Capitol Square Review and Advisory Bd. v. Pinette
Annotate this Case
515 U.S. 753 (1995)
- Syllabus |
OCTOBER TERM, 1994
CAPITOL SQUARE REVIEW AND ADVISORY BOARD ET AL. v. PINETTE ET AL.
CERTIORARI TO THE UNITED STATES COURT OF APPEALS FOR THE SIXTH CIRCUIT
No. 94-780. Argued April 26, 1995-Decided June 29, 1995
Ohio law makes Capitol Square, the statehouse plaza in Columbus, a forum for discussion of public questions and for public activities, and gives petitioner Capitol Square Review and Advisory Board (Board) responsibility for regulating access to the square. To use the square, a group must simply fill out an official application form and meet several speechneutral criteria. After the Board denied, on Establishment Clause grounds, the application of respondent Ku Klux Klan to place an unattended cross on the square during the 1993 Christmas season, the Klan filed this suit. The District Court entered an injunction requiring issuance of the requested permit, and the Board permitted the Klan to erect its cross. The Sixth Circuit affirmed the judgment, adding to a conflict among the Courts of Appeals as to whether a private, unattended display of a religious symbol in a public forum violates the Establishment Clause.
Held: The judgment is affirmed. 30 F.3d 675, affirmed.
JUSTICE SCALIA delivered the opinion of the Court with respect to Parts I, II, and III, concluding that:
1. Because the courts below addressed only the Establishment Clause issue and that is the sole question upon which certiorari was granted, this Court will not consider respondents' contention that the State's disapproval of the Klan's political views, rather than its desire to distance itself from sectarian religion, was the genuine reason for disallowing the cross display. Pp. 759-760.

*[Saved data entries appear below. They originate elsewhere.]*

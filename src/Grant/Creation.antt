-- ===== src/Grant/Creation.antt =====
-- internal/grant/service.go: Create.
use my_kb.Prelude.{
  ℕ, ◌≡◌, refl, true, false, String, arith, eq_iff, eq_refl, Option, none, some, inl, inr, List, [],
  ◌∷◌, ◌++◌, find_row, ◌⊎◌, ◌≤◌, Bool-cases,
}
use my_kb.Prelude.Rows.{find_row-append}
use my_kb.Result.{Result, ok, err, Result-cases}
use my_kb.Http.{Headers}
use my_kb.Db.{Db, Env}
use my_kb.Ownership.{Ownership, resolve, owns_personal_notes}
use my_kb.Grant.{
  Grant, is_valid, nil_or_after, SubjectType, user, other, Permission, same_subject_type,
  same_permission,
}
use my_kb.Grant.Repository
use my_kb.Grant.Repository.{
  RepoErr, find_current_by_subject, scan_grant, is_current_for, collides, as_stored, fits,
}
use my_kb.Db.Times.{column_time, column_times, column_time_le, column_time_past}
use my_kb.Grant.Service.{
  Actor, CreateRequest, create, create_new, candidate, after_find, after_insert, after_lost_race,
  record_audit, same_grant_request, same_time, validate_create_request, require_owner,
}
use my_kb.Grant.Owner.{require_owner-ok, grants-record_event}

pub grants-find_current :
    (kb : String) (k : SubjectType) (s : String) (db : Db)
    → (find_current_by_subject kb k s db).1.grants ≡ db.grants
unfolding find_current_by_subject
grants-find_current kb k s db = ground arith

pub find_current-ok :
    (kb : String) (k : SubjectType) (s : String) (g : Grant) (db : Db)
    → (find_current_by_subject kb k s db).0 ≡ ok g
    → (find_row (is_current_for kb k s) db.grants ≡ some g) × (is_valid g ≡ true)
unfolding find_current_by_subject
find_current-ok kb k s g db h = ground arith

pub find_current-not_found :
    (kb : String) (k : SubjectType) (s : String) (db : Db)
    → (find_current_by_subject kb k s db).0 ≡ err RepoErr.not_found
    → find_row (is_current_for kb k s) db.grants ≡ none
unfolding find_current_by_subject
find_current-not_found kb k s db h = ground arith

-- The row is appended and comes back, or nothing is written.
create-ok :
    (g g' : Grant) (db : Db)
    → (Repository.create g db).0 ≡ ok g'
    → (g' ≡ g)
      × ((Repository.create g db).1.grants ≡ db.grants ++ as_stored g ∷ [])
      × (is_valid g ≡ true)
      × (fits (as_stored g) ≡ true)
unfolding Repository.create
create-ok g g' db h = ground arith

pub create-err :
    (g : Grant) (e : RepoErr) (db : Db)
    → (Repository.create g db).0 ≡ err e
    → (Repository.create g db).1.grants ≡ db.grants
unfolding Repository.create
create-err g e db h = ground arith

pub grants-record_audit :
    (env : Env) (o : Ownership) (actor : Actor) (action : String) (old : Option Grant) (new : Grant)
    (c : String) (db : Db)
    → (record_audit env o actor action old new c db).1.grants ≡ db.grants
unfolding record_audit
grants-record_audit env o actor action old new c db = grind (arith, grants-record_event)

-- The grant that is returned is what the request asks for. It is the subject's row, or the row is
-- what the columns keep of it; that row validates, and it has not expired at the given time.
pub record Meets (kb_id : String) (r : CreateRequest) (now : ℕ) (g : Grant) (gs : List Grant)
    : Type 0 where
  pub permission : g.permission ≡ r.permission
  pub expiry : g.expires_at ≡ r.expires_at
  pub row : Grant
  pub stored : find_row (is_current_for kb_id r.subject_type r.subject_id) gs ≡ some row
  pub kept : (row ≡ g) ⊎ (row ≡ as_stored g)
  pub valid : is_valid row ≡ true
  pub unexpired : nil_or_after row.expires_at (column_time now) ≡ true

pub validated-user :
    (r : CreateRequest) (o : Ownership) (now : ℕ)
    → validate_create_request r o now ≡ ok tt
    → (r.subject_type ≡ user) × (nil_or_after r.expires_at now ≡ true)
unfolding validate_create_request
validated-user r o now h = ground arith

-- What is after a time is after what a column keeps of it.
after_column :
    (t : Option ℕ) (now : ℕ) → nil_or_after t now ≡ true → nil_or_after t (column_time now) ≡ true
unfolding nil_or_after
after_column none now h = refl
after_column (some t) now h = ground (arith, column_time_le now)

pub same_subject_type_refl : (k : SubjectType) → same_subject_type k k ≡ true
unfolding same_subject_type
same_subject_type_refl (other s) = eq_refl s
same_subject_type_refl user = refl
same_subject_type_refl _ = refl

same_permission-eq : (p q : Permission) → same_permission p q ≡ true → p ≡ q
unfolding same_permission
same_permission-eq (other s) (other t) h = ground (arith, eq_iff s t)
same_permission-eq Permission.viewer q h = ground arith
same_permission-eq Permission.editor q h = ground arith
same_permission-eq (other s) q h = ground arith

same_time-eq : (s t : Option ℕ) → same_time s t ≡ true → s ≡ t
unfolding same_time
same_time-eq (some s) (some t) h = ground arith
same_time-eq s t h = ground arith

pub asked :
    (g : Grant) (r : CreateRequest)
    → same_grant_request g r ≡ true
    → (g.permission ≡ r.permission) × (g.expires_at ≡ r.expires_at)
unfolding same_grant_request
asked g r h =
    ground
      (arith, same_permission-eq g.permission r.permission, same_time-eq g.expires_at r.expires_at)

-- A fresh row is the current one of its subject and is what was asked for.
module _ (env : Env) (id kb_id : String) (actor : Actor) (r : CreateRequest) where
  candidate-is_current :
      is_current_for kb_id r.subject_type r.subject_id (as_stored (candidate env id kb_id actor r))
      ≡ true
  unfolding candidate is_current_for as_stored column_times
  candidate-is_current =
      ground (arith, eq_refl kb_id, eq_refl r.subject_id, same_subject_type_refl r.subject_type)

  candidate-asked :
      ((candidate env id kb_id actor r).permission ≡ r.permission)
      × ((candidate env id kb_id actor r).expires_at ≡ r.expires_at)
  unfolding candidate
  candidate-asked = (refl, refl)

  -- The new row validates when it is read, and has not expired.
  candidate-readable :
      1000 ≤ env.now
      → is_valid (candidate env id kb_id actor r) ≡ true
      → fits (as_stored (candidate env id kb_id actor r)) ≡ true
      → (is_valid (as_stored (candidate env id kb_id actor r)) ≡ true)
        × (nil_or_after
              (as_stored (candidate env id kb_id actor r)).expires_at
              (column_time env.now)
            ≡ true)
  unfolding candidate as_stored is_valid fits column_times
  candidate-readable past valid kept = (ground (arith, column_time_past env.now past), ground arith)

module _ (env : Env) (o : Ownership) (kb_id : String) (actor : Actor) (r : CreateRequest) where
  pub grants-after_insert :
      (res : Result RepoErr Grant) (db : Db)
      → (after_insert env o kb_id actor r res db).1.grants ≡ db.grants
  unfolding after_insert after_lost_race
  grants-after_insert (ok c) db =
      ground (arith, grants-record_audit env o actor "grant.create" none c r.correlation_id db)
  grants-after_insert (err RepoErr.conflict) db =
      ground (arith, grants-find_current kb_id r.subject_type r.subject_id db)
  grants-after_insert (err _) db = refl

module _ (env : Env) (o : Ownership) (kb_id : String) (actor : Actor) (r : CreateRequest)
    (g : Grant) (past : 1000 ≤ env.now) (live : nil_or_after r.expires_at env.now ≡ true) where
  found-Meets :
      (x : Grant) (gs : List Grant)
      → find_row (is_current_for kb_id r.subject_type r.subject_id) gs ≡ some x
      → is_valid x ≡ true
      → same_grant_request x r ≡ true
      → Meets kb_id r env.now x gs
  found-Meets x gs found valid same =
      let (permission, expiry) = asked x r same in
      record {
        permission = permission;
        expiry = expiry;
        row = x;
        stored = found;
        kept = inl refl;
        valid = valid;
        unexpired = rw expiry (after_column r.expires_at env.now live);
      }

  after_insert-ok :
      (c : Grant) (db : Db) → (after_insert env o kb_id actor r (ok c) db).0 ≡ ok g → c ≡ g
  unfolding after_insert
  after_insert-ok c db h = ground arith

  after_insert-err :
      (e : RepoErr) (db : Db)
      → (after_insert env o kb_id actor r (err e) db).0 ≡ ok g
      → Meets kb_id r env.now g db.grants
  unfolding after_insert after_lost_race
  after_insert-err RepoErr.conflict db h =
      let found = find_current_by_subject kb_id r.subject_type r.subject_id db in
      elim (Result-cases found.0) [
        | inr (x, e) ↦ absurd (ground arith)
        | inl (x, e) ↦ elim (Bool-cases (same_grant_request x r)) [
          | inr differs ↦ absurd (ground arith)
          | inl same ↦
              let this : x ≡ g = ground arith in
              let (row, valid) = find_current-ok kb_id r.subject_type r.subject_id x db e in
              rw (← this) (found-Meets x db.grants row valid same)
        ]
      ]
  after_insert-err _ db h = ground arith

  inserted-Meets :
      (id : String) (db : Db)
      → find_row (is_current_for kb_id r.subject_type r.subject_id) db.grants ≡ none
      → (c : Grant) → (Repository.create (candidate env id kb_id actor r) db).0 ≡ ok c
      → Meets kb_id r env.now c (Repository.create (candidate env id kb_id actor r) db).1.grants
  inserted-Meets id db vacant c h =
      let new = candidate env id kb_id actor r in
      let (same, rows, valid, kept) = create-ok new c db h in
      let (readable, unexpired) = candidate-readable env id kb_id actor r past valid kept in
      let last =
        find_row-append (is_current_for kb_id r.subject_type r.subject_id) db.grants (as_stored new)
          vacant in
      rw (same, rows)
        (record {
          permission = (candidate-asked env id kb_id actor r).0;
          expiry = (candidate-asked env id kb_id actor r).1;
          row = as_stored new;
          stored = rw last (rw (candidate-is_current env id kb_id actor r) refl);
          kept = inr refl;
          valid = readable;
          unexpired = unexpired;
        })

  create_new-Meets :
      (fresh : Option String) (db : Db)
      → find_row (is_current_for kb_id r.subject_type r.subject_id) db.grants ≡ none
      → (create_new env o kb_id actor r fresh db).0 ≡ ok g
      → Meets kb_id r env.now g (create_new env o kb_id actor r fresh db).1.grants
  unfolding create_new
  create_new-Meets none db vacant h = cc
  create_new-Meets (some id) db vacant h =
      let new = candidate env id kb_id actor r in
      let db' = (Repository.create new db).1 in
      elim (Result-cases (Repository.create new db).0) [
        | inl (c, e) ↦
            let same = after_insert-ok c db' (rw e at h) in
            rw (grants-after_insert env o kb_id actor r (Repository.create new db).0 db')
              (rw (← same) (inserted-Meets id db vacant c e))
        | inr (x, e) ↦
            rw (grants-after_insert env o kb_id actor r (Repository.create new db).0 db')
              (after_insert-err x db' (rw e at h))
      ]

  after_find-Meets :
      (res : Result RepoErr Grant) (db : Db)
      → ((x : Grant)
          → res ≡ ok x
          → (find_row (is_current_for kb_id r.subject_type r.subject_id) db.grants ≡ some x)
            × (is_valid x ≡ true))
      → (res ≡ err RepoErr.not_found
          → find_row (is_current_for kb_id r.subject_type r.subject_id) db.grants ≡ none)
      → (after_find env o kb_id actor r res db).0 ≡ ok g
      → Meets kb_id r env.now g (after_find env o kb_id actor r res db).1.grants
  unfolding after_find
  after_find-Meets (ok x) db found missing h = elim (Bool-cases (same_grant_request x r)) [
    | inr differs ↦ absurd (cc (rw (after_find, differs) at h))
    | inl same ↦
        let this : x ≡ g = cc (rw (after_find, same) at h) in
        let (row, valid) = found x refl in
        rw (after_find, same) (rw (← this) (found-Meets x db.grants row valid same))
  ]
  after_find-Meets (err RepoErr.not_found) db found missing h =
      create_new-Meets env.new_id db (missing refl) h
  after_find-Meets (err _) db found missing h = cc

looked_up-Meets :
    (env : Env) (o : Ownership) (kb_id : String) (actor : Actor) (r : CreateRequest) (g : Grant)
    (db : Db)
    → 1000 ≤ env.now
    → nil_or_after r.expires_at env.now ≡ true
    → let found = find_current_by_subject kb_id r.subject_type r.subject_id db in
      (after_find env o kb_id actor r found.0 found.1).0 ≡ ok g
      → Meets kb_id r env.now g (after_find env o kb_id actor r found.0 found.1).1.grants
looked_up-Meets env o kb_id actor r g db past live =
    let rows = grants-find_current kb_id r.subject_type r.subject_id db in
    let found = find_current_by_subject kb_id r.subject_type r.subject_id db in
    after_find-Meets env o kb_id actor r g past live found.0 found.1
      (λ x e. rw rows (find_current-ok kb_id r.subject_type r.subject_id x db e))
      (λ e. rw rows (find_current-not_found kb_id r.subject_type r.subject_id db e))

-- Service.Create succeeds only for the owner of a knowledge base that is not Personal Notes and
-- for a request that validates. The grant that it returns then has the permission and the expiry
-- asked for, and the unrevoked row of the subject is that grant, or what the columns keep of it,
-- whose times are whole microseconds. That row validates when it is read and has not expired at the
-- time of the request. Assumes that the clock is past the first microsecond of Go's times.
pub create-Meets :
    (env : Env) (kb_id : String) (actor : Actor) (r : CreateRequest) (h : Headers) (db : Db)
    {g : Grant}
    → 1000 ≤ env.now
    → (create env kb_id actor r h db).0 ≡ ok g
    → Meets kb_id r env.now g (create env kb_id actor r h db).1.grants
      × ((o : Ownership) × ((resolve env.upstream kb_id h db).0 ≡ ok o)
          × (actor.user_id ≡ o.owner_user_id)
          × (actor.tenant_id ≡ o.tenant_id)
          × (owns_personal_notes o ≡ false)
          × (validate_create_request r o env.now ≡ ok tt))
unfolding create
create-Meets env kb_id actor r h db {g} past done =
    elim (Result-cases (require_owner env kb_id actor h db).0) [
      | inr (x, e) ↦ absurd (ground arith)
      | inl (o, e) ↦ elim (Result-cases (validate_create_request r o env.now)) [
        | inr (x, v) ↦ absurd (ground arith)
        | inl (_, v) ↦
            let (found, by_user, by_tenant, shareable) =
              require_owner-ok env kb_id actor h o db e in
            (
              rw (e, v)
                  (looked_up-Meets env o kb_id actor r g (require_owner env kb_id actor h db).1 past
                    (validated-user r o env.now v).1 (rw (e, v) at done)),
              (o, found, by_user, by_tenant, shareable, v),
            )
      ]
    ]
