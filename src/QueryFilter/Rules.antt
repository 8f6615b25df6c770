-- ===== src/QueryFilter/Rules.antt =====
-- Postconditions of the methods of `_Parser`. A method that meets one neither runs out of fuel nor
-- moves back, and what it returns has the stated property.
use verisearch.Prelude.{
  ℕ, ◌≤◌, ◌<◌, ◌≡◌, refl, Bool, true, false, Option, none, some, [], ◌∷◌, if◌then◌else◌, Str,
  length, length-drop, arith, Option-cases, inl, inr,
}
use verisearch.QueryFilter.State.{
  State, Parser, Result, ok, fail, recursion_error, diverge, Message, error, advance, skip, pure,
  ◌>>=◌, and_then,
}
use verisearch.QueryFilter.Lexer.{
  get, modify, peek, first, skip_while, advance_while, is_blank, skip_whitespace,
}

-- The method ends; if it returns, the value and the state that it leaves are related by `P`.
abbrev pub Ensures : {A : Type 0} → (A → State → Type 0) → Result A → Type 0
Ensures P (ok a s) = P a s
Ensures P (fail e) = Unit
Ensures P recursion_error = ⊥
Ensures P diverge = ⊥

pub Ensures-bind :
    {A B : Type 0} (P : A → State → Type 0) (Q : B → State → Type 0) (r : Result A)
    (f : A → Parser B)
    → Ensures P r
    → ((a : A) (s : State) → P a s → Ensures Q (f a s))
    → Ensures Q (and_then r f)
Ensures-bind P Q (ok a s) f h k = k a s h
Ensures-bind P Q (fail e) f h k = tt
Ensures-bind P Q recursion_error f h k = absurd h
Ensures-bind P Q diverge f h k = absurd h

pub Ensures-map :
    {A : Type 0} (P : A → State → Type 0) (Q : A → State → Type 0) (r : Result A)
    → Ensures P r
    → ((a : A) (s : State) → P a s → Q a s)
    → Ensures Q r
Ensures-map P Q (ok a s) h k = k a s h
Ensures-map P Q (fail e) h k = tt
Ensures-map P Q recursion_error h k = absurd h
Ensures-map P Q diverge h k = absurd h

-- `pos` has not moved back, and the counters are as they were.
pub record Steps (s t : State) : Type 0 where
  pub onwards : length t.rest ≤ length s.rest
  pub same_depth : t.depth ≡ s.depth
  pub same_leaves : t.leaf_count ≡ s.leaf_count

pub Steps-refl : (s : State) → Steps s s
Steps-refl s = omega arith

pub Steps-trans : {s t u : State} → Steps s t → Steps t u → Steps s u
Steps-trans p q = omega arith

-- The rest of a method, run from `s`, ends; it moves on, and returns a value with the property `Q`.
abbrev pub From : {A : Type 0} → State → (A → Type 0) → Result A → Type 0
From s Q r = Ensures (λ a t. Steps s t × Q a) r

pub record Gives {A : Type 0} (Q : A → Type 0) (m : Parser A) : Type 0 where
  pub at : (s : State) → From s Q (m s)

abbrev pub Any : {A : Type 0} → A → Type 0
Any a = Unit

module _ {A : Type 0} (Q : A → Type 0) where
  pub Gives-pure : (a : A) → Q a → Gives Q (pure a)
  Gives-pure a q = record { at = λ s. (Steps-refl s, q) }

  pub Gives-error : (message : Message) → Gives Q (error message)
  unfolding error
  Gives-error message = record { at = λ s. tt }

  pub Gives-if :
      (b : Bool) (m n : Parser A)
      → (b ≡ true → Gives Q m)
      → (b ≡ false → Gives Q n)
      → Gives Q (if b then m else n)
  Gives-if true m n p q = p refl
  Gives-if false m n p q = q refl

  pub Gives-option :
      {B : Type 0} (o : Option B) (m : Parser A) (f : B → Parser A)
      → Gives Q m
      → ((b : B) → Gives Q (f b))
      → Gives Q (elim o [ none ↦ m | some b ↦ f b ])
  Gives-option none m f h k = h
  Gives-option (some b) m f h k = k b

pub Gives-modify : (f : State → State) → ((s : State) → Steps s (f s)) → Gives Any (modify f)
Gives-modify f h = record { at = λ s. (h s, tt) }

pub Gives-peek : Gives Any peek
Gives-peek = record { at = λ s. (Steps-refl s, tt) }

pub From-weaken :
    {A : Type 0} (Q : A → Type 0) (s t : State) (r : Result A) → Steps s t → From t Q r → From s Q r
From-weaken Q s t (ok a u) p h = (Steps-trans p h.0, h.1)
From-weaken Q s t (fail e) p h = tt
From-weaken Q s t recursion_error p h = absurd h
From-weaken Q s t diverge p h = absurd h

-- One call in a block: the rest of the block is run from the state that it leaves.
pub From-bind :
    {A B : Type 0} (Q : A → Type 0) (R : B → Type 0) (s : State) (m : Parser A) (f : A → Parser B)
    → From s Q (m s)
    → ((a : A) (t : State) → Steps s t → Q a → From t R (f a t))
    → From s R ((m >>= f) s)
unfolding ◌>>=◌
From-bind Q R s m f h k =
    Ensures-bind _ _ (m s) f h (λ a t p. From-weaken R s t (f a t) p.0 (k a t p.0 p.1))

pub Gives-bind :
    {A B : Type 0} (Q : A → Type 0) (R : B → Type 0) (m : Parser A) (f : A → Parser B)
    → Gives Q m
    → ((a : A) → Q a → Gives R (f a))
    → Gives R (m >>= f)
Gives-bind Q R m f h k = record { at = λ s. From-bind Q R s m f (h.at s) (λ a t p q. (k a q).at t) }

length-skip_while :
    (p : ℕ → Bool) (before rest : Str) → length (skip_while p before rest).1 ≤ length rest
unfolding skip_while
length-skip_while p before [] = omega arith
length-skip_while p before (c ∷ rest) = ground (arith, length-skip_while p (c ∷ before) rest)

pub advance_while-Steps : (p : ℕ → Bool) (s : State) → Steps s (advance_while p s)
unfolding advance_while
advance_while-Steps p s = omega (arith, length-skip_while p s.before s.rest)

pub skip_whitespace-Steps : (s : State) → Steps s (skip_whitespace s)
unfolding skip_whitespace
skip_whitespace-Steps s = omega (arith, length-skip_while is_blank s.before s.rest)

pub advance-Steps : (s : State) → Steps s (advance s)
advance-Steps s = ground arith

pub skip-Steps : (n : ℕ) (s : State) → Steps s (skip n s)
skip-Steps n s = omega (arith, length-drop n s.rest)

-- A character that is there is passed.
pub advance_shorter :
    (s : State) (c : ℕ) → first s.rest ≡ some c → length (advance s).rest < length s.rest
advance_shorter s c h = ground arith

module _ {A : Type 0} (Q : A → Type 0) (s : State) where
  -- Blocks that begin with `peek`, `get` or a change of the state.
  pub peek-From :
      (f : Option ℕ → Parser A)
      → (first s.rest ≡ none → From s Q (f none s))
      → ((c : ℕ) → first s.rest ≡ some c → From s Q (f (some c) s))
      → From s Q ((peek >>= f) s)
  unfolding ◌>>=◌
  peek-From f p q = elim (Option-cases (first s.rest)) [
    | inl e ↦ rw e (p e)
    | inr (c, e) ↦ rw e (q c e)
  ]

  pub get-From : (f : State → Parser A) → From s Q (f s s) → From s Q ((get >>= f) s)
  unfolding ◌>>=◌
  get-From f h = h

  pub modify-From :
      (g : State → State) (f : Unit {0} → Parser A)
      → Steps s (g s)
      → From (g s) Q (f tt (g s))
      → From s Q ((modify g >>= f) s)
  unfolding ◌>>=◌
  modify-From g f p h = From-weaken Q s (g s) (f tt (g s)) p h

  pub error-From : (message : Message) → From s Q (error message s)
  unfolding error
  error-From message = tt

  pub elim-From :
      (b : Bool) (m n : Parser A)
      → (b ≡ true → From s Q (m s))
      → (b ≡ false → From s Q (n s))
      → From s Q ((elim b as (λ _. Parser A) [ true ↦ m | false ↦ n ]) s)
  elim-From true m n p q = p refl
  elim-From false m n p q = q refl

  pub if-From :
      (b : Bool) (m n : Parser A)
      → (b ≡ true → From s Q (m s))
      → (b ≡ false → From s Q (n s))
      → From s Q ((if b then m else n) s)
  if-From true m n p q = p refl
  if-From false m n p q = q refl

pub Gives-get :
    {A : Type 0} (Q : A → Type 0) (f : State → Parser A)
    → ((s : State) → From s Q (f s s))
    → Gives Q (get >>= f)
Gives-get Q f h = record { at = λ s. get-From Q s f (h s) }

module _ {A : Type 0} (P : A → State → Type 0) (s : State) where
  pub error-Ensures : (message : Message) → Ensures P (error message s)
  unfolding error
  error-Ensures message = tt

  pub if-Ensures :
      (b : Bool) (m n : Parser A)
      → (b ≡ true → Ensures P (m s))
      → (b ≡ false → Ensures P (n s))
      → Ensures P ((if b then m else n) s)
  if-Ensures true m n p q = p refl
  if-Ensures false m n p q = q refl

  pub peek-Ensures :
      (m : Parser A) (f : ℕ → Parser A)
      → (first s.rest ≡ none → Ensures P (m s))
      → ((c : ℕ) → first s.rest ≡ some c → Ensures P (f c s))
      → Ensures P ((peek >>= λ c. elim c [ none ↦ m | some ch ↦ f ch ]) s)
  unfolding ◌>>=◌
  peek-Ensures m f p q = elim (Option-cases (first s.rest)) [
    | inl e ↦ rw e (p e)
    | inr (c, e) ↦ rw e (q c e)
  ]

  pub get-Ensures : (f : State → Parser A) → Ensures P (f s s) → Ensures P ((get >>= f) s)
  unfolding ◌>>=◌
  get-Ensures f h = h

  pub modify-Ensures :
      (g : State → State) (f : Unit {0} → Parser A)
      → Ensures P (f tt (g s))
      → Ensures P ((modify g >>= f) s)
  unfolding ◌>>=◌
  modify-Ensures g f h = h

  pub bind-Ensures :
      {B : Type 0} (Q : B → State → Type 0) (m : Parser B) (f : B → Parser A)
      → Ensures Q (m s)
      → ((b : B) (t : State) → Q b t → Ensures P (f b t))
      → Ensures P ((m >>= f) s)
  unfolding ◌>>=◌
  bind-Ensures Q m f h k = Ensures-bind Q P (m s) f h k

2. The display was private religious speech that is as fully protected under the Free Speech Clause as secular private expression. See, e. g., Lamb's Chapel v. Center Moriches Union Free School Dist., 508 U. S. 384. Because Capitol Square is a traditional public forum, the Board may regulate the content of the Klan's expression there only if such a restriction is necessary, and narrowly drawn, to serve a compelling state interest. Perry Ed. Assn. v. Perry Local Educators' Assn., 460 U. S. 37,45. pp. 760-761.
3. Compliance with the Establishment Clause may be a state interest sufficiently compelling to justify content-based restrictions on speech,
see, e. g., Lamb's Chapel, 508 U. S., at 394-395, but the conclusion that that interest is not implicated in this case is strongly suggested by the presence here of the factors the Court considered determinative in striking down state restrictions on religious content in Lamb's Chapel, id., at 395, and Widmar v. Vincent, 454 U. S. 263, 274. As in those cases, the State did not sponsor respondents' expression, the expression was made on government property that had been opened to the public for speech, and permission was requested through the same application process and on the same terms required of other private groups. pp.761-763.
JUSTICE SCALIA, joined by THE CHIEF JUSTICE, JUSTICE KENNEDY, and JUSTICE THOMAS, concluded in Part IV that petitioners' attempt to distinguish this case from Lamb's Chapel and Widmar is unavailing. Petitioners' argument that, because the forum's proximity to the seat of government may cause the misperception that the cross bears the State's approval, their content-based restriction is constitutional under the so-called "endorsement test" of, e. g., County of Allegheny v. American Civil Liberties Union, Greater Pittsburgh Chapter, 492 U. S. 573, and Lynch v. Donnelly, 465 U. S. 668, is rejected. Their version of the test, which would attribute private religious expression to a neutrally behaving government, has no antecedent in this Court's Establishment Clause jurisprudence, which has consistently upheld neutral government policies that happen to benefit religion. Where the Court has tested for endorsement, the subject of the test was either expression by the government itself, Lynch, supra, or else government action alleged to discriminate in favor of private religious expression or activity, see, e. g., Allegheny, supra. The difference between forbidden government speech endorsing religion and protected private speech that does so is what distinguishes Allegheny and Lynch from Widmar and Lamb's Chapel. The distinction does not disappear when the private speech is conducted close to the symbols of government. Given a traditional or designated public forum, publicly announced and open to all on equal terms, as well as purely private sponsorship of religious expression, erroneous conclusions of state endorsement do not count. See Lamb's Chapel, supra, at 395, and Widmar, supra, at 274. Nothing prevents Ohio from requiring all private displays in the square to be identified as such, but it may not, on the claim of misperception of official endorsement, ban all private religious speech from the square, or discriminate against it by requiring religious speech alone to disclaim public sponsorship. Pp.763-769.
JUSTICE O'CONNOR, joined by JUSTICE SOUTER and JUSTICE BREYER, concluded that the State has not presented a compelling justification for denying respondents' permit. Pp. 772-783.